PROBLEM. Repeat the records in full, exactly.
Start of RECORDS PROVIDED
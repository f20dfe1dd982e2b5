-- ===== src/Mirror/Turns.antt =====
-- Turns and intents of a session in the registry (session_mirror.rs).
use attyd.Common.{
  ℕ, String, Bool, true, false, not, Option, none, some, List, [], ◌∷◌, ◌++◌, map, Result, ok, err,
  is_some, if◌then◌else◌, next_counter, Outcome, returned, panicked,
}
use attyd.Json.{Json}
use attyd.Session.Types.{
  MirrorError, history, wrong_phase, SessionState, TurnAdmission, accepted, duplicate, TurnOverlay,
}
use attyd.Session.Turn
use attyd.Session.Turn.{is_reconciling, advance_revision}
use attyd.Session.Commit
use attyd.Session.Commit.{Reply, done, failed}
use attyd.History.Cache.{HistorySnapshot, append_committed_updates}
use attyd.Registry.Types.{SessionRegistry}
use attyd.Mirror.Compare.{replay_suffix_starts_with_prompt}
use attyd.Mirror.Store.{Packages, key_of, require_state, set_state, charge, discharge}
use attyd.Mirror.Loads.{stamp}

abbrev pub is_accepted : TurnAdmission → Bool
is_accepted (accepted _) = true
is_accepted (duplicate _) = false

module _ {J : Json} where
  open J use {Value, object, string, empty_map, map_insert}

  -- The state that an operation leaves is written back with the bytes of its overlay, where the
  -- operation succeeds.
  unfoldable pub write_turn :
      SessionRegistry J
      → String
      → SessionState J
      → SessionState J × Result MirrorError (Unit {0})
      → SessionRegistry J × Result MirrorError (Unit {0})
  unfolding set_state
  write_turn r id s (s', err e) = (r, err e)
  write_turn r id s (s', ok _) =
      (charge (set_state r id s') s.active_overlay_bytes s'.active_overlay_bytes, ok tt)

  -- The operation number is used where the turn is accepted.
  unfoldable pub admit :
      SessionRegistry J
      → String
      → SessionState J
      → ℕ
      → SessionState J × Result MirrorError TurnAdmission
      → SessionRegistry J × Result MirrorError TurnAdmission
  unfolding set_state
  admit r id s next (s', err e) = (r, err e)
  admit r id s next (s', ok answer) =
      let r' = set_state r id s' in
      (
        charge
            (record r' { next_operation = if is_accepted answer then next else r.next_operation })
            s.active_overlay_bytes s'.active_overlay_bytes,
        ok answer,
      )

  unfoldable pub start_turn :
      Packages J
      → SessionRegistry J
      → String
      → ℕ
      → String
      → String
      → List Value
      → SessionRegistry J × Result MirrorError TurnAdmission
  unfolding require_state admit
  start_turn k r id incarnation expected intent prompt =
      let next = next_counter r.next_operation in
      elim (require_state r id incarnation) [
        | err e ↦ (r, err e)
        | ok s ↦
            admit r id s next
              (Turn.admit_turn k.codec s (k.format_operation r.epoch next) expected intent prompt)
      ]

  unfoldable pub append_turn_update :
      Packages J
      → SessionRegistry J
      → String
      → ℕ
      → String
      → Value
      → SessionRegistry J × Result MirrorError (Unit {0})
  unfolding require_state write_turn
  append_turn_update k r id incarnation operation_id update =
      elim (require_state r id incarnation) [
        | err e ↦ (r, err e)
        | ok s ↦ write_turn r id s (Turn.append_turn_update k.codec s operation_id update)
      ]

  unfoldable pub complete_turn :
      Packages J
      → SessionRegistry J
      → String
      → ℕ
      → String
      → Value
      → SessionRegistry J × Result MirrorError (Unit {0})
  unfolding require_state write_turn
  complete_turn k r id incarnation operation_id terminal = elim (require_state r id incarnation) [
    | err e ↦ (r, err e)
    | ok s ↦ write_turn r id s (Turn.complete_turn k.codec s operation_id terminal)
  ]

  -- A history update outside a turn, in a ready session.
  unfoldable pub append_ready_update :
      Packages J
      → SessionRegistry J
      → String
      → ℕ
      → SessionState J
      → Value
      → SessionRegistry J × Result MirrorError (Unit {0})
  unfolding set_state
  append_ready_update k r id incarnation s update =
      let (installed, answer) =
        append_committed_updates k.encoder r.history (key_of id incarnation) (update ∷ []) in
      elim answer [
        | err e ↦ (r, err (history e))
        | ok made ↦ (
          set_state (record r { history = installed }) id
              (advance_revision (record s { history_revision = some made.revision })),
          ok tt,
        )
      ]

  unfoldable pub append_session_update :
      Packages J
      → SessionRegistry J
      → String
      → ℕ
      → Value
      → SessionRegistry J × Result MirrorError (Unit {0})
  unfolding require_state write_turn append_ready_update
  append_session_update k r id incarnation update = elim (require_state r id incarnation) [
    | err e ↦ (r, err e)
    | ok s ↦
        if is_some s.load_attempt
        then (r, err wrong_phase)
        else if is_reconciling s.phase
        then write_turn r id s (Turn.append_reconciling_update k.codec s update)
        else if not (Commit.is_ready s.phase)
        then (r, err wrong_phase)
        else append_ready_update k r id incarnation s update
  ]

  unfoldable pub block_turn :
      SessionRegistry J
      → String
      → ℕ
      → String
      → String
      → SessionRegistry J × Result MirrorError (Unit {0})
  unfolding require_state set_state
  block_turn r id incarnation operation_id message = elim (require_state r id incarnation) [
    | err e ↦ (r, err e)
    | ok s ↦
        let (s', answer) = Turn.block_turn s operation_id message in (set_state r id s', answer)
  ]

  -- A block of the prompt as the update that the history keeps.
  unfoldable pub prompt_update : TurnOverlay J → Value → Value
  prompt_update turn content =
      let owner = object (map_insert empty_map "turnOperationId" (string turn.operation_id)) in
      object (
        map_insert
          (map_insert (map_insert empty_map "sessionUpdate" (string "user_message_chunk")) "content"
            content)
          "_meta" (object (map_insert empty_map "attyd" owner)))

  -- What a completed turn adds to the history; an echo of the prompt takes its place.
  unfoldable pub turn_suffix : TurnOverlay J → List Value
  unfolding prompt_update
  turn_suffix turn =
      if replay_suffix_starts_with_prompt J turn.updates turn.prompt
      then turn.updates
      else map (prompt_update turn) turn.prompt ++ turn.updates

  abbrev pub suffix_of : Option (TurnOverlay J) → List Value
  suffix_of none = []
  suffix_of (some turn) = turn_suffix turn

  -- The guards are those of `Session.Commit.commit_completed_turn_from_memory`.
  unfoldable pub commit_completed_turn_from_memory :
      Packages J
      → SessionRegistry J
      → String
      → ℕ
      → String
      → SessionRegistry J × Outcome (Result MirrorError (HistorySnapshot J))
  unfolding require_state set_state turn_suffix Commit.commit_completed_turn_from_memory
  commit_completed_turn_from_memory k r id incarnation operation_id =
      elim (require_state r id incarnation) [
        | err e ↦ (r, returned (err e))
        | ok s ↦
            let (installed, snapshot) =
              append_committed_updates k.encoder r.history (key_of id incarnation)
                (suffix_of s.active_turn) in
            let (s', reply) =
              Commit.commit_completed_turn_from_memory s operation_id (stamp snapshot) in
            elim reply [
              | failed e ↦ (r, returned (err e))
              | done ↦ elim snapshot [
                | err e ↦ (r, returned (err (history e)))
                | ok made ↦ (
                  discharge (set_state (record r { history = installed }) id s')
                      s.active_overlay_bytes,
                  returned (ok made),
                )
              ]
              | _ ↦ (r, panicked)
            ]
      ]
End of RECORDS PROVIDED
ANSWER FOR THIS EXERCISE.
repository f20dfe1dd982e2b5
-- ===== src/Mirror/Turns.antt =====
-- Turns and intents of a session in the registry (session_mirror.rs).
use attyd.Common.{
  ℕ, String, Bool, true, false, not, Option, none, some, List, [], ◌∷◌, ◌++◌, map, Result, ok, err,
  is_some, if◌then◌else◌, next_counter, Outcome, returned, panicked,
}
use attyd.Json.{Json}
use attyd.Session.Types.{
  MirrorError, history, wrong_phase, SessionState, TurnAdmission, accepted, duplicate, TurnOverlay,
}
use attyd.Session.Turn
use attyd.Session.Turn.{is_reconciling, advance_revision}
use attyd.Session.Commit
use attyd.Session.Commit.{Reply, done, failed}
use attyd.History.Cache.{HistorySnapshot, append_committed_updates}
use attyd.Registry.Types.{SessionRegistry}
use attyd.Mirror.Compare.{replay_suffix_starts_with_prompt}
use attyd.Mirror.Store.{Packages, key_of, require_state, set_state, charge, discharge}
use attyd.Mirror.Loads.{stamp}

abbrev pub is_accepted : TurnAdmission → Bool
is_accepted (accepted _) = true
is_accepted (duplicate _) = false

module _ {J : Json} where
  open J use {Value, object, string, empty_map, map_insert}

  -- The state that an operation leaves is written back with the bytes of its overlay, where the
  -- operation succeeds.
  unfoldable pub write_turn :
      SessionRegistry J
      → String
      → SessionState J
      → SessionState J × Result MirrorError (Unit {0})
      → SessionRegistry J × Result MirrorError (Unit {0})
  unfolding set_state
  write_turn r id s (s', err e) = (r, err e)
  write_turn r id s (s', ok _) =
      (charge (set_state r id s') s.active_overlay_bytes s'.active_overlay_bytes, ok tt)

  -- The operation number is used where the turn is accepted.
  unfoldable pub admit :
      SessionRegistry J
      → String
      → SessionState J
      → ℕ
      → SessionState J × Result MirrorError TurnAdmission
      → SessionRegistry J × Result MirrorError TurnAdmission
  unfolding set_state
  admit r id s next (s', err e) = (r, err e)
  admit r id s next (s', ok answer) =
      let r' = set_state r id s' in
      (
        charge
            (record r' { next_operation = if is_accepted answer then next else r.next_operation })
            s.active_overlay_bytes s'.active_overlay_bytes,
        ok answer,
      )

  unfoldable pub start_turn :
      Packages J
      → SessionRegistry J
      → String
      → ℕ
      → String
      → String
      → List Value
      → SessionRegistry J × Result MirrorError TurnAdmission
  unfolding require_state admit
  start_turn k r id incarnation expected intent prompt =
      let next = next_counter r.next_operation in
      elim (require_state r id incarnation) [
        | err e ↦ (r, err e)
        | ok s ↦
            admit r id s next
              (Turn.admit_turn k.codec s (k.format_operation r.epoch next) expected intent prompt)
      ]

  unfoldable pub append_turn_update :
      Packages J
      → SessionRegistry J
      → String
      → ℕ
      → String
      → Value
      → SessionRegistry J × Result MirrorError (Unit {0})
  unfolding require_state write_turn
  append_turn_update k r id incarnation operation_id update =
      elim (require_state r id incarnation) [
        | err e ↦ (r, err e)
        | ok s ↦ write_turn r id s (Turn.append_turn_update k.codec s operation_id update)
      ]

  unfoldable pub complete_turn :
      Packages J
      → SessionRegistry J
      → String
      → ℕ
      → String
      → Value
      → SessionRegistry J × Result MirrorError (Unit {0})
  unfolding require_state write_turn
  complete_turn k r id incarnation operation_id terminal = elim (require_state r id incarnation) [
    | err e ↦ (r, err e)
    | ok s ↦ write_turn r id s (Turn.complete_turn k.codec s operation_id terminal)
  ]

  -- A history update outside a turn, in a ready session.
  unfoldable pub append_ready_update :
      Packages J
      → SessionRegistry J
      → String
      → ℕ
      → SessionState J
      → Value
      → SessionRegistry J × Result MirrorError (Unit {0})
  unfolding set_state
  append_ready_update k r id incarnation s update =
      let (installed, answer) =
        append_committed_updates k.encoder r.history (key_of id incarnation) (update ∷ []) in
      elim answer [
        | err e ↦ (r, err (history e))
        | ok made ↦ (
          set_state (record r { history = installed }) id
              (advance_revision (record s { history_revision = some made.revision })),
          ok tt,
        )
      ]

  unfoldable pub append_session_update :
      Packages J
      → SessionRegistry J
      → String
      → ℕ
      → Value
      → SessionRegistry J × Result MirrorError (Unit {0})
  unfolding require_state write_turn append_ready_update
  append_session_update k r id incarnation update = elim (require_state r id incarnation) [
    | err e ↦ (r, err e)
    | ok s ↦
        if is_some s.load_attempt
        then (r, err wrong_phase)
        else if is_reconciling s.phase
        then write_turn r id s (Turn.append_reconciling_update k.codec s update)
        else if not (Commit.is_ready s.phase)
        then (r, err wrong_phase)
        else append_ready_update k r id incarnation s update
  ]

  unfoldable pub block_turn :
      SessionRegistry J
      → String
      → ℕ
      → String
      → String
      → SessionRegistry J × Result MirrorError (Unit {0})
  unfolding require_state set_state
  block_turn r id incarnation operation_id message = elim (require_state r id incarnation) [
    | err e ↦ (r, err e)
    | ok s ↦
        let (s', answer) = Turn.block_turn s operation_id message in (set_state r id s', answer)
  ]

  -- A block of the prompt as the update that the history keeps.
  unfoldable pub prompt_update : TurnOverlay J → Value → Value
  prompt_update turn content =
      let owner = object (map_insert empty_map "turnOperationId" (string turn.operation_id)) in
      object (
        map_insert
          (map_insert (map_insert empty_map "sessionUpdate" (string "user_message_chunk")) "content"
            content)
          "_meta" (object (map_insert empty_map "attyd" owner)))

  -- What a completed turn adds to the history; an echo of the prompt takes its place.
  unfoldable pub turn_suffix : TurnOverlay J → List Value
  unfolding prompt_update
  turn_suffix turn =
      if replay_suffix_starts_with_prompt J turn.updates turn.prompt
      then turn.updates
      else map (prompt_update turn) turn.prompt ++ turn.updates

  abbrev pub suffix_of : Option (TurnOverlay J) → List Value
  suffix_of none = []
  suffix_of (some turn) = turn_suffix turn

  -- The guards are those of `Session.Commit.commit_completed_turn_from_memory`.
  unfoldable pub commit_completed_turn_from_memory :
      Packages J
      → SessionRegistry J
      → String
      → ℕ
      → String
      → SessionRegistry J × Outcome (Result MirrorError (HistorySnapshot J))
  unfolding require_state set_state turn_suffix Commit.commit_completed_turn_from_memory
  commit_completed_turn_from_memory k r id incarnation operation_id =
      elim (require_state r id incarnation) [
        | err e ↦ (r, returned (err e))
        | ok s ↦
            let (installed, snapshot) =
              append_committed_updates k.encoder r.history (key_of id incarnation)
                (suffix_of s.active_turn) in
            let (s', reply) =
              Commit.commit_completed_turn_from_memory s operation_id (stamp snapshot) in
            elim reply [
              | failed e ↦ (r, returned (err e))
              | done ↦ elim snapshot [
                | err e ↦ (r, returned (err (history e)))
                | ok made ↦ (
                  discharge (set_state (record r { history = installed }) id s')
                      s.active_overlay_bytes,
                  returned (ok made),
                )
              ]
              | _ ↦ (r, panicked)
            ]
      ]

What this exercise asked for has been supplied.